Exercise directions - Find the line containing "ReqBatch = List GfqRecord" in the entries below. Restate it and each line after it, word for word, up to and including the line containing "unfoldable pub slice".
** Opening Entries provided block **
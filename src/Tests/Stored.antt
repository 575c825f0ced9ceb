-- ===== src/Tests/Stored.antt =====
-- Files, the rollback floor and the coordinator's policy gate at concrete inputs.
use bacchus.Shared.{List, ◌≤◌, [], ◌∷◌, refl, Bytes, bytes_eq}
use bacchus.Atomicfile.{write, write_durable, sync_dir}
use bacchus.FloorCache
use bacchus.FloorCache.{peek, store, store_floor}
use bacchus.FloorCache.Ratchet.{Op, stores, raises, floor_on, run, step, run_ratchets}
use bacchus.Policy
use bacchus.Policy.Document.{
  validate, deadline, valid_trust, has_row, check_tiers, check_vouch, check_serving_version,
  check_component,
}
use bacchus.Policy.Cache.{load_no_rollback}
use bacchus.Policy.Cache
use bacchus.Delegation
use bacchus.Version.{split, parse_uint, digits_value}
use bacchus.Tests.Toys.{
  toy_json, toy_json-IsJson, empty_disk, toy_disk, no_faults, failing_sync, toy_policy_platform,
  toy_verifier, toy_policy,
}

abbrev contents : Bytes
contents = 1 ∷ 2 ∷ 3 ∷ []

abbrev history : List Op
history = stores no_faults (9 ∷ []) 9 ∷ stores failing_sync (12 ∷ []) 12 ∷ raises no_faults 2 ∷ []

run_ratchets_example :
    floor_on toy_json (toy_disk 4) ≤ floor_on toy_json (run toy_json (toy_disk 4) history)
run_ratchets_example = run_ratchets toy_json toy_json-IsJson (toy_disk 4) history

-- A policy of sequence 3 is stored, then one of sequence 8 and, in vain, one of sequence 2.
abbrev policy_history : List Op
policy_history = stores no_faults (8 ∷ []) 8 ∷ stores failing_sync (2 ∷ []) 2 ∷ []

load_no_rollback_example : 3 ≤ (toy_policy 8).seq
unfolding Policy.Cache.load Policy.Cache.open_bundle Policy.parse_bundle FloorCache.load run step
    store peek FloorCache.write_atomic write write_durable sync_dir Policy.verify
    Delegation.verify_delegation_cert Delegation.parse_cert Delegation.open_signed bytes_eq validate
    deadline valid_trust has_row check_tiers check_vouch check_serving_version check_component split
    parse_uint digits_value
load_no_rollback_example =
    load_no_rollback toy_policy_platform toy_json toy_verifier 2_000_000_000_000 no_faults (3 ∷ [])
      3 empty_disk policy_history 8 (toy_policy 8) toy_json-IsJson refl refl
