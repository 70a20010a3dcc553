-- ===== src/Worker/ReqBatch.antt =====
-- src/worker/ReqBatch.h and .cpp: the records that wait for the scheduler's permission.
use contentv.Prelude.{
  ℕ, zero, suc, ◌≤◌, ◌≡◌, refl, ap, min, List, [], ◌∷◌, ◌++◌, arith, ltb, ◌==◌, length, take, drop,
  if◌then◌else◌, length-take, Bool-cases, inl, inr,
}
use contentv.Prelude.Result.{Result, ok, throws}
use contentv.Core.Records.{GfqRecord}

abbrev pub ReqBatch : Type 0
ReqBatch = List GfqRecord

unfoldable pub acc : ReqBatch → GfqRecord → ReqBatch
acc reqs req = reqs ++ req ∷ []

unfoldable pub merge : ReqBatch → ReqBatch → ReqBatch
merge reqs a = reqs ++ a

-- The loop of `getReqs`: the copied records and their number.
unfoldable pub get_reqs : ReqBatch → ℕ → List GfqRecord × ℕ
get_reqs [] n = ([], 0)
get_reqs (r ∷ reqs) zero = ([], 0)
get_reqs (r ∷ reqs) (suc n) = let rest = get_reqs reqs n in (r ∷ rest.0, suc rest.1)

unfoldable pub slice : ReqBatch → ℕ → Result ReqBatch
slice reqs n =
    if n == length reqs
    then ok []
    else if ltb (length reqs) n
    then throws "ReqBatch::slice _slice_count > size"
    else ok (drop n reqs)

get_reqs-take : (reqs : ReqBatch) (n : ℕ) → get_reqs reqs n ≡ (take n reqs, length (take n reqs))
unfolding get_reqs
get_reqs-take [] zero = refl
get_reqs-take [] (suc n) = refl
get_reqs-take (r ∷ reqs) zero = refl
get_reqs-take (r ∷ reqs) (suc n) = rw (get_reqs-take reqs n) refl

slice-drop : (reqs : ReqBatch) (n : ℕ) → n ≤ length reqs → slice reqs n ≡ ok (drop n reqs)
unfolding slice
slice-drop reqs n h = elim (Bool-cases (n == length reqs)) [
  | inl e ↦ rw e (ap ok (none_left reqs n (ground arith)))
  | inr e ↦ rw e (ground arith)
]
  where
    none_left : (xs : ReqBatch) (k : ℕ) → length xs ≤ k → [] ≡ drop k xs
    none_left [] zero q = refl
    none_left [] (suc k) q = refl
    none_left (x ∷ xs) zero q = absurd (omega (arith, q))
    none_left (x ∷ xs) (suc k) q = none_left xs k (omega arith)

-- `getReqs` of at most `n` records, then `slice` by the number of them: the slice does not throw,
-- and the two parts together are the batch, the first with at most `n` records.
pub slice-get_reqs :
    (reqs : ReqBatch) (n : ℕ)
    → (rest : ReqBatch) × (slice reqs (get_reqs reqs n).1 ≡ ok rest)
      × ((get_reqs reqs n).0 ++ rest ≡ reqs)
      × (length (get_reqs reqs n).0 ≡ min n (length reqs))
slice-get_reqs reqs n = rw get_reqs-take (
  drop (length (take n reqs)) reqs,
  slice-drop reqs (length (take n reqs)) (omega (arith, length-take n reqs)),
  same reqs n,
  length-take n reqs,
)
  where
    same : (xs : ReqBatch) (k : ℕ) → take k xs ++ drop (length (take k xs)) xs ≡ xs
    same xs zero = refl
    same [] (suc k) = refl
    same (x ∷ xs) (suc k) = rw (same xs k) refl
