-- ===== src/Worker/FetchLoop.antt =====
-- src/worker/FetchLoop.h and .cpp: the records of a batch are asked for, fetched or pushed back, and
-- each response is counted and told to the scheduler.
pub mod Batch
pub mod Stats
pub mod Queue
use contentv.Prelude.{
  ℕ, zero, suc, String, List, [], ◌∷◌, ◌++◌, Option, none, some, Bool, true, false, not, ◌&&◌,
  if◌then◌else◌,
}
use contentv.Prelude.Result.{Result, ok, throws}
use contentv.Core.Attempts.{AttemptStatus, fetched, curl_err}
use contentv.Core.Records.{GfqRecord, FetchResult, FetchStats, is_robots}
use contentv.Misc.{Differ, SchedulerApi}
use contentv.Worker.ReqBatch.{ReqBatch, get_reqs, slice}

-- What `_sendToCurl` has done: the scheduler's state, the records that the http client fetches, and
-- those that are pushed back to the queue.
pub record Sent (State : Type 0) : Type 0 where
  pub state : State
  pub called : List GfqRecord
  pub pushed : List GfqRecord

unfoldable pub send_more :
    {State : Type 0} → List GfqRecord → List GfqRecord → Sent State → Sent State
send_more called pushed s = record s { called = called ++ s.called; pushed = pushed ++ s.pushed }

-- A round's records in front of what the rounds behind it send; `none` is no fuel.
unfoldable pub after :
    {State : Type 0}
    → List GfqRecord
    → List GfqRecord
    → Option (Result (Sent State))
    → Option (Result (Sent State))
unfolding send_more
after called pushed none = none
after called pushed (some (throws e)) = some (throws e)
after called pushed (some (ok s)) = some (ok (send_more called pushed s))

module _ (api : SchedulerApi) (differ : Differ) (max_requests : ℕ) where
  open api use {State, try_fetch_urls}

  unfoldable pub send_to_curl : ℕ → State → ReqBatch → Option (Result (Sent State))
  unfolding get_reqs slice after
  send_to_curl fuel s [] = some (ok (record { state = s; called = []; pushed = [] }))
  send_to_curl zero s (r ∷ batch) = none
  send_to_curl (suc fuel) s (r ∷ batch) =
      let tried = get_reqs (r ∷ batch) max_requests in
      elim (slice (r ∷ batch) tried.1) [
        | throws e ↦ some (throws e)
        | ok batch' ↦
            let t = try_fetch_urls s tried.0 in
            after t.1 (differ.sorted_minus tried.0 t.1) (send_to_curl fuel t.0 batch')
      ]

-- `HttpClient::JobInfo`, as far as it is read.
pub record JobInfo : Type 0 where
  pub success : Bool
  pub userdata : GfqRecord
  pub resp : String
  pub curlerror : String

-- What `_onResponse` leaves: the counters, what the scheduler is told, and the page that is saved.
pub record Response : Type 0 where
  pub stats : FetchStats
  pub told : FetchResult
  pub saved : Option (String × String)

unfoldable pub count_response : FetchStats → JobInfo → FetchStats
unfolding is_robots
count_response st ji =
    if ji.success
    then (if is_robots ji.userdata
        then record st { robots_success = suc st.robots_success }
        else record st { success = suc st.success })
    else (if is_robots ji.userdata
        then record st { robots_fail = suc st.robots_fail }
        else record st { fail = suc st.fail })

unfoldable pub fetch_result : JobInfo → FetchResult
unfolding is_robots
fetch_result ji = record {
  gfq = ji.userdata;
  status = if not ji.success then curl_err else fetched;
  error_str = if not ji.success then ji.curlerror else "";
  content = if ji.success && is_robots ji.userdata then ji.resp else "";
}

unfoldable pub on_response : FetchStats → JobInfo → Response
unfolding count_response fetch_result is_robots
on_response st ji = record {
  stats = count_response st ji;
  told = fetch_result ji;
  saved =
      if ji.success && not (is_robots ji.userdata) then some (ji.userdata.url, ji.resp) else none;
}
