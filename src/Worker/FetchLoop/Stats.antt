-- ===== src/Worker/FetchLoop/Stats.antt =====
-- src/worker/FetchLoop.cpp: what `_onResponse` counts and tells, against src/scheduler/default/Scheduler.cpp.
use contentv.Prelude.{◌≡◌, refl, ap, ◌∙◌, List, [], ◌∷◌, map, arith}
use contentv.Core.Records.{FetchResult, FetchStats, is_ok}
use contentv.Scheduler.Stats.{inc_stats}
use contentv.Worker.FetchLoop.{JobInfo, count_response, fetch_result, on_response}

-- The worker's counters after each response, and the results that it has told the scheduler.
pub run_responses : FetchStats → List JobInfo → FetchStats × List FetchResult
run_responses st [] = (st, [])
run_responses st (ji ∷ jis) =
    let r = on_response st ji in let rest = run_responses r.stats jis in (rest.0, r.told ∷ rest.1)

on_response-inc_stats :
    (st : FetchStats) (ji : JobInfo)
    → (on_response st ji).stats ≡ inc_stats st ((on_response st ji).told ∷ [])
unfolding on_response count_response fetch_result inc_stats is_ok
on_response-inc_stats st ji = ground arith

-- Worker and scheduler count alike: after any responses the worker's counters are what `_incStats`
-- of the scheduler makes of the results that the worker told it.
pub run_responses-inc_stats :
    (st : FetchStats) (jis : List JobInfo)
    → (run_responses st jis).0 ≡ inc_stats st (run_responses st jis).1
unfolding run_responses inc_stats
run_responses-inc_stats st [] = refl
run_responses-inc_stats st (ji ∷ jis) =
    let r = on_response st ji in
    run_responses-inc_stats r.stats jis
    ∙ (ap (λ x. inc_stats x (run_responses r.stats jis).1) (on_response-inc_stats st ji))

pub told-map :
    (st : FetchStats) (jis : List JobInfo) → (run_responses st jis).1 ≡ map fetch_result jis
unfolding run_responses on_response
told-map st [] = refl
told-map st (ji ∷ jis) = ap (λ l. fetch_result ji ∷ l) (told-map (on_response st ji).stats jis)
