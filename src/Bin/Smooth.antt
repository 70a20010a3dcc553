-- ===== src/Bin/Smooth.antt =====
-- src/bin: what the programs do when none of their actions throws.
use contentv.Prelude.{
  ◌≡◌, ◌≢◌, ◌⊎◌, refl, ap, ◌∙◌, String, List, [], ◌∷◌, ◌++◌, if◌then◌else◌, inl, inr,
}
use contentv.Prelude.Result.{Result, ok}
use contentv.Bin.Args.{Given, Parser, Cli, notify, cli_action, parse_args}
use contentv.Bin.{
  Action, parse_config, init_scheduler, init_page_db, init_page_db_scylla, init_worker, init_api,
  start_scheduler, start_worker, join_scheduler, join_worker, Ran, perform, perform_all,
  return_code, with_config, on_action, configured, ret_code, Found, contentd_tail, contentd_body,
}

-- No action throws.
abbrev pub IsSmooth : (Action → Result (Unit {0})) → Type 0
IsSmooth act = (a : Action) → act a ≡ ok tt

abbrev pub behind : List Action → Ran → Ran
behind l rest = record { did = l ++ rest.did; exit = rest.exit }

perform-smooth :
    (act : Action → Result (Unit {0})) (a : Action) (rest : Ran)
    → IsSmooth act
    → perform act a rest ≡ behind (a ∷ []) rest
unfolding perform
perform-smooth act a rest h = rw (h a, perform) refl

pub perform_all-smooth :
    (act : Action → Result (Unit {0})) (l : List Action) (rest : Ran)
    → IsSmooth act
    → perform_all act l rest ≡ behind l rest
unfolding perform_all
perform_all-smooth act [] rest h = refl
perform_all-smooth act (a ∷ l) rest h =
    ap (perform act a) (perform_all-smooth act l rest h) ∙ perform-smooth act a (behind l rest) h

pub with_config-smooth :
    (act : Action → Result (Unit {0})) (s : Cli) (rest : Ran)
    → IsSmooth act
    → with_config act s rest ≡ behind (parse_config s.config_path ∷ []) rest
unfolding with_config
with_config-smooth act s rest h = rw (h (parse_config s.config_path), with_config) refl

pub configured-on_action :
    (act : Action → Result (Unit {0})) (po : Parser) (s : Cli) (argv : List String) (vm : Given)
    (body : Cli → Ran)
    → po argv ≡ ok vm
    → configured act body (parse_args po s argv)
      ≡ on_action act body (cli_action (notify s vm.config) vm)
unfolding configured parse_args
configured-on_action act po s argv vm body e = rw (e, parse_args) refl

-- What `contentd` does behind its page store.
abbrev pub stored : Found → Cli → Ran
stored f s = behind (init_worker s.is_dry_run ∷ init_api ∷ []) (
    if s.is_dry_run
    then return_code (ret_code f.worker_stats f.scheduler_stats)
    else behind (start_scheduler ∷ start_worker ∷ join_scheduler ∷ join_worker ∷ [])
        (return_code 0))

contentd_tail-smooth : (f : Found) (s : Cli) → IsSmooth f.act → contentd_tail f s ≡ stored f s
unfolding contentd_tail
contentd_tail-smooth f s h =
    perform_all-smooth f.act (init_worker s.is_dry_run ∷ init_api ∷ []) _ h
    ∙ ap
        (λ r.
          behind (init_worker s.is_dry_run ∷ init_api ∷ [])
            (if s.is_dry_run then return_code (ret_code f.worker_stats f.scheduler_stats) else r))
        (perform_all-smooth f.act
          (start_scheduler ∷ start_worker ∷ join_scheduler ∷ join_worker ∷ []) (return_code 0) h)

-- The page stores that `contentd` knows.
abbrev pub IsKnown : String → Type 0
IsKnown impl = (impl ≡ "ldb") ⊎ (impl ≡ "scylla")

contentd_page_db :
    (f : Found) (s : Cli) (page_db : Action)
    → IsSmooth f.act
    → contentd_body f s
      ≡ perform f.act
          (init_scheduler s.is_dry_run s.is_under_bazel_test)
          (perform f.act page_db (contentd_tail f s))
    → contentd_body f s
      ≡ behind (init_scheduler s.is_dry_run s.is_under_bazel_test ∷ page_db ∷ []) (stored f s)
unfolding perform perform_all
contentd_page_db f s page_db h e =
    e
    ∙ (perform_all-smooth f.act (init_scheduler s.is_dry_run s.is_under_bazel_test ∷ page_db ∷ [])
          (contentd_tail f s) h
        ∙ ap (behind (init_scheduler s.is_dry_run s.is_under_bazel_test ∷ page_db ∷ []))
            (contentd_tail-smooth f s h))

pub contentd_body-smooth :
    (f : Found) (s : Cli)
    → IsSmooth f.act
    → IsKnown f.page_db_impl
    → (page_db : Action) × (page_db ≢ start_scheduler)
      × (contentd_body f s
          ≡ behind (init_scheduler s.is_dry_run s.is_under_bazel_test ∷ page_db ∷ []) (stored f s))
unfolding contentd_body
contentd_body-smooth f s h (inl e) =
    (init_page_db, (λ c. cc), contentd_page_db f s init_page_db h (rw (e, contentd_body) refl))
contentd_body-smooth f s h (inr e) = (
  init_page_db_scylla,
  (λ c. cc),
  contentd_page_db f s init_page_db_scylla h (rw (e, contentd_body) refl),
)
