-- ===== src/Bin/Loops.antt =====
-- src/bin: which of the programs' runs start a loop.
use contentv.Prelude.{
  ◌≡◌, ◌≢◌, ◌↔◌, ◌⊎◌, refl, sym, subst, String, List, [], ◌∷◌, Bool, true, false, inl, inr,
}
use contentv.Prelude.Result.{Result, ok}
use contentv.Bin.Args.{
  Given, Parser, Cli, notify, cli_action, contentd_cli, sched_cli, workd_cli, contentd_parse_args,
  sched_parse_args, workd_parse_args,
}
use contentv.Bin.{
  Action, parse_config, start_scheduler, start_worker, Ran, return_code, with_config, on_action,
  Found, contentd_body, contentd, sched_actions, sched_body, sched, workd_actions, workd_body,
  workd,
}
use contentv.Bin.Smooth.{
  IsSmooth, perform_all-smooth, with_config-smooth, configured-on_action, stored, IsKnown,
  contentd_body-smooth,
}

-- The action was begun.
abbrev pub Begun : Action → List Action → Type 0
Begun a [] = ⊥
Begun a (b ∷ l) = (b ≡ a) ⊎ Begun a l

-- Nothing that asks the program to do something else was given.
abbrev pub IsPlain : Given → Type 0
IsPlain vm = (vm.help ≡ false) × (vm.config_help ≡ false)

clash : {A : Type 0} → true ≡ false → A
clash e = cc

-- A program's body, which begins the action `a` as `P` says of `m_is_dry_run`, and which is begun with
-- every action as it should be.
module _ (act : Action → Result (Unit {0})) (a : Action) (P : Bool → Type 0) (body : Cli → Ran)
    (smooth : IsSmooth act) (other : (path : String) → parse_config path ≢ a)
    (body_iff : (s : Cli) → Begun a (body s).did ↔ P s.is_dry_run) where
  with_config-Begun : (s : Cli) → Begun a (with_config act s (body s)).did ↔ P s.is_dry_run
  with_config-Begun s =
      subst (λ (r : Ran). Begun a r.did ↔ P s.is_dry_run)
        (sym (with_config-smooth act s (body s) smooth))
        (
          (λ x. elim x [ inl e ↦ absurd (other s.config_path e) | inr y ↦ (body_iff s).0 y ]),
          (λ p. inr ((body_iff s).1 p)),
        )

  on_action-Begun :
      (s : Cli) (vm : Given)
      → (help dry_run config_help : Bool) → vm.help ≡ help
      → vm.config_help ≡ config_help
      → vm.dry_run ≡ dry_run
      → Begun a (on_action act body (cli_action s vm)).did ↔ (IsPlain vm × P vm.dry_run)
  unfolding on_action cli_action
  on_action-Begun s vm true d ch e f g = rw e ((λ x. absurd x), (λ x. clash (x.0.0)))
  on_action-Begun s vm false d true e f g = rw (e, f) ((λ x. absurd x), (λ x. clash (x.0.1)))
  on_action-Begun s vm false true false e f g =
      let i = with_config-Begun (record s { is_dry_run = true }) in
      rw (e, f, g) ((λ x. ((refl, refl), i.0 x)), (λ x. i.1 (x.1)))
  on_action-Begun s vm false false false e f g =
      let i =
        with_config-Begun (record s { is_dry_run = false; is_under_bazel_test = vm.bazel_test }) in
      rw (e, f, g) ((λ x. ((refl, refl), i.0 x)), (λ x. i.1 (x.1)))

plain_iff : {A B : Type 0} → A ↔ (B × Unit {0}) → A ↔ B
plain_iff h = ((λ x. (h.0 x).0), (λ y. h.1 (y, tt)))

stored_iff :
    (f : Found) (s : Cli) (dry : Bool)
    → s.is_dry_run ≡ dry
    → Begun start_scheduler (stored f s).did ↔ (s.is_dry_run ≡ false)
stored_iff f s true e = rw e (
  (λ x. elim x [ inl c ↦ cc | inr y ↦ elim y [ inl c ↦ cc | inr z ↦ absurd z ] ]),
  (λ x. clash x),
)
stored_iff f s false e = rw e ((λ x. refl), (λ x. inr (inr (inl refl))))

contentd_iff :
    (f : Found)
    → IsSmooth f.act
    → IsKnown f.page_db_impl
    → (s : Cli) → Begun start_scheduler (contentd_body f s).did ↔ (s.is_dry_run ≡ false)
contentd_iff f h k s =
    let b = contentd_body-smooth f s h k in
    subst (λ (r : Ran). Begun start_scheduler r.did ↔ (s.is_dry_run ≡ false)) (sym (b.2))
      (
        (λ x. elim x [
          | inl c ↦ cc
          | inr y ↦ elim y [
            | inl e ↦ absurd (b.1 e)
            | inr z ↦ (stored_iff f s s.is_dry_run refl).0 z
          ]
        ]),
        (λ e. inr (inr ((stored_iff f s s.is_dry_run refl).1 e))),
      )

sched_iff :
    (f : Found) → IsSmooth f.act → (s : Cli) → Begun start_scheduler (sched_body f s).did ↔ Unit {0}
unfolding sched_body
sched_iff f h s =
    subst (λ (r : Ran). Begun start_scheduler r.did ↔ Unit {0})
      (sym (perform_all-smooth f.act (sched_actions s) (return_code 0) h))
      ((λ x. tt), (λ x. inr (inr (inr (inl refl)))))

workd_iff :
    (f : Found) → IsSmooth f.act → (s : Cli) → Begun start_worker (workd_body f s).did ↔ Unit {0}
unfolding workd_body
workd_iff f h s =
    subst (λ (r : Ran). Begun start_worker r.did ↔ Unit {0})
      (sym (perform_all-smooth f.act (workd_actions s) (return_code 0) h))
      ((λ x. tt), (λ x. inr (inr (inr (inl refl)))))

module _ (f : Found) (po : Parser) (argv : List String) (vm : Given) where
  -- When no action throws and the page store is known, `contentd` starts the scheduler's loop exactly
  -- when it is given none of `--help`, `--config_help` and `--dry_run`; `sched` and `workd` start their
  -- loops exactly when they are given neither `--help` nor `--config_help`, so in a dry run too.
  pub starts_lem :
      IsSmooth f.act
      → po argv ≡ ok vm
      → IsKnown f.page_db_impl
      → (Begun start_scheduler (contentd f po argv).did ↔ (IsPlain vm × (vm.dry_run ≡ false)))
        × (Begun start_scheduler (sched f po argv).did ↔ IsPlain vm)
        × (Begun start_worker (workd f po argv).did ↔ IsPlain vm)
  unfolding contentd sched workd contentd_parse_args sched_parse_args workd_parse_args
  starts_lem h e k =
      let on =
        λ (s : Cli) (body : Cli → Ran). sym (configured-on_action f.act po s argv vm body e) in
      (
        subst (λ (r : Ran). Begun start_scheduler r.did ↔ (IsPlain vm × (vm.dry_run ≡ false)))
            (on contentd_cli (contentd_body f))
            (on_action-Begun f.act start_scheduler (λ b. b ≡ false) (contentd_body f) h (λ p e. cc)
              (contentd_iff f h k) (notify contentd_cli vm.config) vm vm.help vm.dry_run
              vm.config_help refl refl refl),
        subst (λ (r : Ran). Begun start_scheduler r.did ↔ IsPlain vm) (on sched_cli (sched_body f))
            (plain_iff (
              on_action-Begun f.act start_scheduler (λ b. Unit {0}) (sched_body f) h (λ p e. cc)
                (sched_iff f h) (notify sched_cli vm.config) vm vm.help vm.dry_run vm.config_help
                refl refl refl)),
        subst (λ (r : Ran). Begun start_worker r.did ↔ IsPlain vm) (on workd_cli (workd_body f))
            (plain_iff (
              on_action-Begun f.act start_worker (λ b. Unit {0}) (workd_body f) h (λ p e. cc)
                (workd_iff f h) (notify workd_cli vm.config) vm vm.help vm.dry_run vm.config_help
                refl refl refl)),
      )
** Closing Entries provided block **
Task response -
ReqBatch = List GfqRecord

unfoldable pub acc : ReqBatch → GfqRecord → ReqBatch
acc reqs req = reqs ++ req ∷ []

unfoldable pub merge : ReqBatch → ReqBatch → ReqBatch
merge reqs a = reqs ++ a

-- The loop of `getReqs`: the copied records and their number.
unfoldable pub get_reqs : ReqBatch → ℕ → List GfqRecord × ℕ
get_reqs [] n = ([], 0)
get_reqs (r ∷ reqs) zero = ([], 0)
get_reqs (r ∷ reqs) (suc n) = let rest = get_reqs reqs n in (r ∷ rest.0, suc rest.1)

unfoldable pub slice : ReqBatch → ℕ → Result ReqBatch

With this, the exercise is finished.